Sonntag, 26. Dezember 2010

"im schatten des siyed qutb" (lesetipp)

das in diesen stunden ausklingende religiöse fest hat als einen vorteil bzw. zumindest als option die verfügbarkeit etlicher nicht fest verplanter stunden, die sich teilweise mit absichtslosem treiben verbringen lassen - auch im netz. und genau bei diesem tun bin ich auf einen text gestoßen, den ich ansonsten vermutlich schlicht ignoriert hätte, zumal ich islamische geschichte keinesfalls als einen inhaltlichen schwerpunkt meiner neugier gelistet habe. letzteres liegt teils einfach an meinem widerwillen, mich auf die arabische sprach- und begriffswelt, so fragmentarisch sie in den übersetzungen auch vorhanden ist, einzulassen. dazu betrachte ich die islamische welt mit ihren feudalregimen und petrodiktaturen, ihrer betonung der religion und den verbreitet desolaten gesellschaftlichen verhältnissen immer wieder mit einem großen emotionalen abstand. das die vermutlichen quellen des islamistischen fundamentalismus dabei den bisher einzigen thematischen kontext darstellen, bei dem es hier im blog um die islamische religion und ihre psychosoziale matrix plus den darauf aufsetznden ideologischen konstrukte geht, darf für den erwähnten abstand durchaus als repräsentativ gesehen werden.

bei daeva fand ich nun den folgenden, langen und sehr informativen text über eine der schlüsselfiguren der ägyptischen moslembruderschaft, eben siyed qutb. die darstellung der gedanken dieses mannes ist faszinierend und aufschlußreich zugleich, und ermöglicht einen nüchternen blick zumindest auf einen teil dessen, was hierzulande so als islamismus verhandelt wird. ich empfehle den beitrag als im besten sinne lehrreiche abendlektüre an einem kalten verschneiten winterabend.

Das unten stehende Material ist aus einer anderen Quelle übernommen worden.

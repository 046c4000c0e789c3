-- ===== src/Der/Text/Dropped.antt =====
-- The text of a bit string, which `der_universal_secitem_to_pystr` makes and drops.
use python_nss_ng.Prelude.{ℕ, suc, ◌<◌, Bytes, some, ◌∷◌, ◌++◌, ◌≡◌, refl}
use python_nss_ng.Der.Text.{
  Decoders, str, none_object, secitem_to_pystr_hex, unused_note, stripped, kind, primitive_to_pystr,
  der_bit_string_secitem_to_pystr, der_any_secitem_to_pystr, members_to_pylist,
}
use python_nss_ng.Der.Text.Trees.{strip-short}

-- A bit string with a length in the short form and at least one octet of bits has a text, but
-- `der_any_secitem_to_pystr` returns None for it.
pub bit_string_dropped :
    (lib : Decoders) (fuel n unused octet : ℕ) (octets beyond : Bytes)
    → n < 128
    → (der_bit_string_secitem_to_pystr lib (0x03 ∷ n ∷ unused ∷ octet ∷ octets)
        ≡ str (secitem_to_pystr_hex (octet ∷ octets) ++ unused_note lib unused))
      × (der_any_secitem_to_pystr lib (suc fuel) (0x03 ∷ n ∷ unused ∷ octet ∷ octets) beyond
          ≡ some none_object)
unfolding der_bit_string_secitem_to_pystr der_any_secitem_to_pystr members_to_pylist kind
    primitive_to_pystr
bit_string_dropped lib fuel n unused octet octets beyond h = (
  rw (der_bit_string_secitem_to_pystr, stripped, strip-short 0x03 n (unused ∷ octet ∷ octets) h)
      refl,
  refl,
)
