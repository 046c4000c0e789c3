-- ===== src/Der/Text/Tests.antt =====
-- The text of concrete DER items.
use python_nss_ng.Prelude.{some, [], ◌∷◌, ◌++◌, codes, ◌≡◌, refl, arith, length}
use python_nss_ng.Der.Escape.{
  ascii_string_secitem_to_escaped_ascii_pystr, write_escapes, encode, ascii_encoding_table,
}
use python_nss_ng.Der.Escape.RoundTrip.{unescape, plain, escape_lem}
use python_nss_ng.Der.Text.{
  Decoders, der_any_secitem_to_pystr, str, kind, none_object, secitem_to_pystr_hex,
  der_bit_string_secitem_to_pystr, unused_note,
}
use python_nss_ng.Der.Text.Trees
use python_nss_ng.Der.Text.Trees.{leaf, node, next, end, Tree, text, IsDer, der_any_lem}
use python_nss_ng.Der.Text.Dropped.{bit_string_dropped}

-- Decoders that show their input.
abbrev plain_decoders : Decoders
plain_decoders = record {
  utc_time = λ b. some b;
  generalized_time = λ b. some b;
  oid_description = λ b. some b;
  oid_string = λ b. some b;
  utf_8 = λ b. some b;
  utf_16 = λ b. some b;
  utf_32 = λ b. some b;
  decimal = λ n. codes "n";
}

abbrev pair : Tree
pair = node 0x30 (next (leaf 0x01 (0xff ∷ [])) (next (leaf 0x0c (codes "hi")) end))

pair-IsDer : IsDer pair
unfolding IsDer Trees.encode kind
pair-IsDer = (
  (refl, (refl, refl)),
  (
    omega arith,
    (
      ((refl, refl), (omega arith, (omega arith, tt))),
      (((refl, refl), (omega arith, (omega arith, (omega arith, tt)))), tt),
    ),
  ),
)

der_any_lem_example :
    der_any_secitem_to_pystr plain_decoders 9 (Trees.encode pair) []
    ≡ some (text plain_decoders pair)
unfolding Trees.rounds
der_any_lem_example = der_any_lem plain_decoders 9 pair [] pair-IsDer (omega arith)

bit_string_dropped_example :
    (der_bit_string_secitem_to_pystr plain_decoders (0x03 ∷ 2 ∷ 1 ∷ 0xfe ∷ [])
      ≡ str (secitem_to_pystr_hex (0xfe ∷ []) ++ unused_note plain_decoders 1))
    × (der_any_secitem_to_pystr plain_decoders 1 (0x03 ∷ 2 ∷ 1 ∷ 0xfe ∷ []) [] ≡ some none_object)
bit_string_dropped_example = bit_string_dropped plain_decoders 0 2 1 0xfe [] [] (omega arith)

escape_lem_example :
    (unescape plain (ascii_string_secitem_to_escaped_ascii_pystr (7 ∷ 0xff ∷ codes "a?")).1
      ≡ 7 ∷ 0xff ∷ codes "a?")
    × ((ascii_string_secitem_to_escaped_ascii_pystr (7 ∷ 0xff ∷ codes "a?")).0
        ≡ length (ascii_string_secitem_to_escaped_ascii_pystr (7 ∷ 0xff ∷ codes "a?")).1)
escape_lem_example =
    escape_lem (7 ∷ 0xff ∷ codes "a?")
      (omega arith, (omega arith, (omega arith, (omega arith, tt))))

escaped : write_escapes (7 ∷ 0xff ∷ codes "a?") ≡ codes "\\a\\xFFa\\?"
unfolding write_escapes encode ascii_encoding_table
escaped = refl
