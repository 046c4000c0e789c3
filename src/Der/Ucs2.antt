-- ===== src/Der/Ucs2.antt =====
-- `secport_ucs2_swap_bytes` and `secport_ucs2_to_utf8`. The conversion itself is NSS's
-- `PORT_UCS2_UTF8Conversion`: a parameter.
use python_nss_ng.Prelude.{
  suc, ◌%◌, Bytes, Bool, true, false, Option, none, some, [], ◌∷◌, length, ◌==◌, if◌then◌else◌, not,
  ◌&&◌, ◌≡◌, refl, ap, arith,
}

-- The loop over pairs; `none` is SECFailure, for no item or an odd length.
unfoldable pub swap_pairs : Bytes → Bytes
swap_pairs [] = []
swap_pairs (a ∷ []) = a ∷ []
swap_pairs (a ∷ b ∷ rest) = b ∷ a ∷ swap_pairs rest

unfoldable pub secport_ucs2_swap_bytes : Option Bytes → Option Bytes
secport_ucs2_swap_bytes none = none
secport_ucs2_swap_bytes (some octets) =
    if length octets % 2 == 0 then some (swap_pairs octets) else none

-- `none` is PR_FALSE. `convert` answers for `PORT_UCS2_UTF8Conversion`.
unfoldable pub secport_ucs2_to_utf8 :
    (Bool → Bytes → Option Bytes) → Bool → Bytes → Bool → Option Bytes
secport_ucs2_to_utf8 convert to_unicode in_buf swap_bytes =
    if not to_unicode && swap_bytes
    then (elim (secport_ucs2_swap_bytes (some in_buf)) [
      | none ↦ none
      | some swapped ↦ convert to_unicode swapped
    ])
    else convert to_unicode in_buf

swap_twice : (octets : Bytes) → swap_pairs (swap_pairs octets) ≡ octets
unfolding swap_pairs
swap_twice [] = refl
swap_twice (a ∷ []) = refl
swap_twice (a ∷ b ∷ rest) = ap (λ l. a ∷ b ∷ l) (swap_twice rest)

length-swap_pairs : (octets : Bytes) → length (swap_pairs octets) ≡ length octets
unfolding swap_pairs
length-swap_pairs [] = refl
length-swap_pairs (a ∷ []) = refl
length-swap_pairs (a ∷ b ∷ rest) = ap (λ n. suc (suc n)) (length-swap_pairs rest)

-- To read text of the other byte order with swapping is to read the text without; a text of odd
-- length is refused, and the conversion is not asked. Towards Unicode nothing is swapped.
pub ucs2_to_utf8_lem :
    (convert : Bool → Bytes → Option Bytes) (octets : Bytes)
    → (secport_ucs2_to_utf8 convert false (swap_pairs octets) true ≡ (
        if length octets % 2 == 0 then secport_ucs2_to_utf8 convert false octets false else none))
      × (secport_ucs2_to_utf8 convert true octets true
          ≡ secport_ucs2_to_utf8 convert true octets false)
unfolding secport_ucs2_to_utf8 secport_ucs2_swap_bytes
ucs2_to_utf8_lem convert octets =
    (rw (length-swap_pairs octets, swap_twice octets) (ground arith), refl)
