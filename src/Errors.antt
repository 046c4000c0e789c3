-- ===== src/Errors.antt =====
-- The table of NSPR errors (src/py_nspr_error.c): its check at start, its binary search, and the
-- description of an error code. What NSPR knows of the current error is a parameter.
pub mod Order
pub mod Search
pub mod Tests
use python_nss_ng.Prelude.{
  ◌==ℤ◌, ℕ, zero, suc, ◌+◌, ◌-◌, ◌/◌, ◌^◌, ◌%◌, Bytes, Bool, true, false, Option, none, some, List,
  [], ◌∷◌, ◌++◌, length, get_elem?, ltb, ◌==◌, if◌then◌else◌, ℤ, pos, negsuc, ltb_ℤ, pos_part,
  neg_part, codes, not, sub_ℕ,
}

pub record NsprErrorDesc : Type 0 where
  pub num : ℤ
  pub name : Bytes
  pub string : Bytes

-- `cmp_error`, for qsort.
unfoldable pub cmp_error : NsprErrorDesc → NsprErrorDesc → ℤ
cmp_error e1 e2 =
    if ltb_ℤ e1.num e2.num then negsuc 0 else if ltb_ℤ e2.num e1.num then pos 1 else pos 0

-- (PRInt32)0x80000000
abbrev pub int32_min : ℤ
int32_min = negsuc (2 ^ 31 - 1)

-- The loop of `init_nspr_errors` behind qsort: `ok` is the result so far, true for SECSuccess. The
-- lines that it prints on stderr are left out.
unfoldable pub check_sequence : ℤ → Bool → List NsprErrorDesc → Bool
check_sequence last_num ok [] = ok
check_sequence last_num ok (e ∷ es) =
    check_sequence e.num (if not (ltb_ℤ last_num e.num) then false else ok) es

-- `qsort` is a parameter: the C library's, called with `cmp_error`. The table as it is left is
-- returned beside the result.
unfoldable pub init_nspr_errors :
    ((NsprErrorDesc → NsprErrorDesc → ℤ) → List NsprErrorDesc → List NsprErrorDesc)
    → List NsprErrorDesc
    → List NsprErrorDesc × Bool
unfolding check_sequence
init_nspr_errors qsort table =
    let sorted = qsort cmp_error table in (sorted, check_sequence int32_min true sorted)

-- What a lookup ends with: an entry, NULL, or an access outside of the table.
pub data Lookup : Type 0 where
  hit : NsprErrorDesc → Lookup
  miss : Lookup
  out_of_bounds : Lookup

-- The two tests behind the loop.
unfoldable pub test_ends : List NsprErrorDesc → ℤ → ℕ → ℕ → Lookup
test_ends table num low high = elim (get_elem? table low) [
  | none ↦ out_of_bounds
  | some l ↦ elim (num ==ℤ l.num) [
    | true ↦ hit l
    | false ↦ elim (get_elem? table high) [
      | none ↦ out_of_bounds
      | some h ↦ elim (num ==ℤ h.num) [ true ↦ hit h | false ↦ miss ]
    ]
  ]
]

-- `while (low + 1 < high)` with fuel; `none` means that the fuel ran out.
unfoldable pub search_table : ℕ → List NsprErrorDesc → ℤ → ℕ → ℕ → Option Lookup
search_table zero table num low high = none
search_table (suc fuel) table num low high = elim (ltb (low + 1) high) [
  | false ↦ some (test_ends table num low high)
  | true ↦ elim (get_elem? table ((low + high) / 2)) [
    | none ↦ some out_of_bounds
    | some e ↦ elim (num ==ℤ e.num) [
      | true ↦ some (hit e)
      | false ↦ elim (ltb_ℤ num e.num) [
        | true ↦ search_table fuel table num low ((low + high) / 2)
        | false ↦ search_table fuel table num ((low + high) / 2) high
      ]
    ]
  ]
]

-- The table has an entry at least, so that `nspr_error_count - 1` is not negative. The distance of
-- `low` and `high` falls in every round, so that the table's length is fuel enough.
unfoldable pub lookup_nspr_error : List NsprErrorDesc → ℤ → Option Lookup
lookup_nspr_error table num = search_table (length table) table num 0 (length table - 1)

-- What NSPR answers: PR_GetError, the text of PR_GetErrorText if there is one and room for it, and
-- how PR_smprintf writes a number.
pub record Nspr : Type 0 where
  pub get_error : ℤ
  pub error_text : Option Bytes
  pub decimal : ℤ → Bytes

-- The conversion of a `long` to `PRErrorCode`.
unfoldable pub to_int32 : ℤ → ℤ
to_int32 n =
    let w = (pos_part n + 2 ^ 63 - neg_part n) % 2 ^ 32 in
    if ltb w (2 ^ 31) then pos w else negsuc (2 ^ 32 - 1 - w)

abbrev found : Option Lookup → Option NsprErrorDesc
found (some (hit e)) = some e
found _ = none

-- The four formats of the message.
unfoldable pub final_message : Nspr → Option Bytes → Option NsprErrorDesc → ℤ → Bytes
final_message nspr (some msg) (some e) code = msg ++ codes " (" ++ e.name ++ codes ") " ++ e.string
final_message nspr none (some e) code = codes "(" ++ e.name ++ codes ") " ++ e.string
final_message nspr (some msg) none code = msg
final_message nspr none none code = codes "error (" ++ nspr.decimal code ++ codes ") unknown"

-- No pointer, or a code of -1 behind it, asks NSPR, and stores its code behind the pointer.
abbrev pub asks_nspr : Option ℤ → Bool
asks_nspr none = true
asks_nspr (some code) = code ==ℤ negsuc 0

abbrev pub code_or_zero : Option ℤ → ℤ
code_or_zero none = pos 0
code_or_zero (some code) = to_int32 code

abbrev pub stored : Option ℤ → ℤ → Option ℤ
stored none code = none
stored (some old) code = some code

-- The message, and the code that is then behind the pointer.
unfoldable pub get_error_desc : Nspr → List NsprErrorDesc → Option ℤ → Bytes × Option ℤ
unfolding final_message
get_error_desc nspr table p_error_code =
    let asked = asks_nspr p_error_code in
    let code = if asked then nspr.get_error else code_or_zero p_error_code in
    let msg = if asked then nspr.error_text else none in
    (
      final_message nspr msg (found (lookup_nspr_error table code)) code,
      if asked then stored p_error_code nspr.get_error else p_error_code,
    )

Die Moslembrüder (Jamiyat al Ikhwan al Muslimun – Gemeinschaft der muslimischen Brüder) wurden 1928 von dem Grundschullehrer Hassan al Banna gegründet. Er verband den Salafismus des 19. Jahrhunderts mit Nationalismus, einem starken Staat, öffentlicher Wohlfahrt und Industrialisierung. Bei den Salafisten des 19. Jahrhunderts, u.a. Muhammad Abduh und Rashid Rida (vgl. Hourani 1983), handelte es sich vorwiegend um Universitätsprofessoren. In ihren Seminaren und Zeitungen verbreiteten sie ihre Theorien über die Situation Ägyptens, den Kolonialismus und den Zustand der Gesellschaft. Die fundamentale Annahme der Salafisten ist, dass die Ursachen der gegenwärtigen Probleme in der über Jahrhunderte verlaufenden Verwässerung der reinen islamischen Lehren liegen würden. Die islamische Lehre wäre eine vollständige und umfassende Anleitung Gesellschaft, Wirtschaft und Politik zu strukturieren wie es in der Urzeit der islamischen Gemeinde bestanden hätte. Von dieser Gemeinde der tugendhaften Väter (as salaf as salih) leiten sie ihren Namen ab: Salafisten (arab. Salafiyyun). Daher muss man versuchen diese Goldene Zeit wieder zu erschaffen. Siyed Qutb hat diese Vorstellungen besonders zugespitzt und als Anleitung für die einzelnen Individuen ausgearbeitet ihr Leben zu gestalten. Für ihn gibt es aber kein Zurück zu einer Goldenen Zeit. Es gälte nicht sie zu imitieren, sondern eine konservative Utopie auf der Erde zu errichten um die Menschheit miteinander und mit dem Himmel zu versöhnen." (...)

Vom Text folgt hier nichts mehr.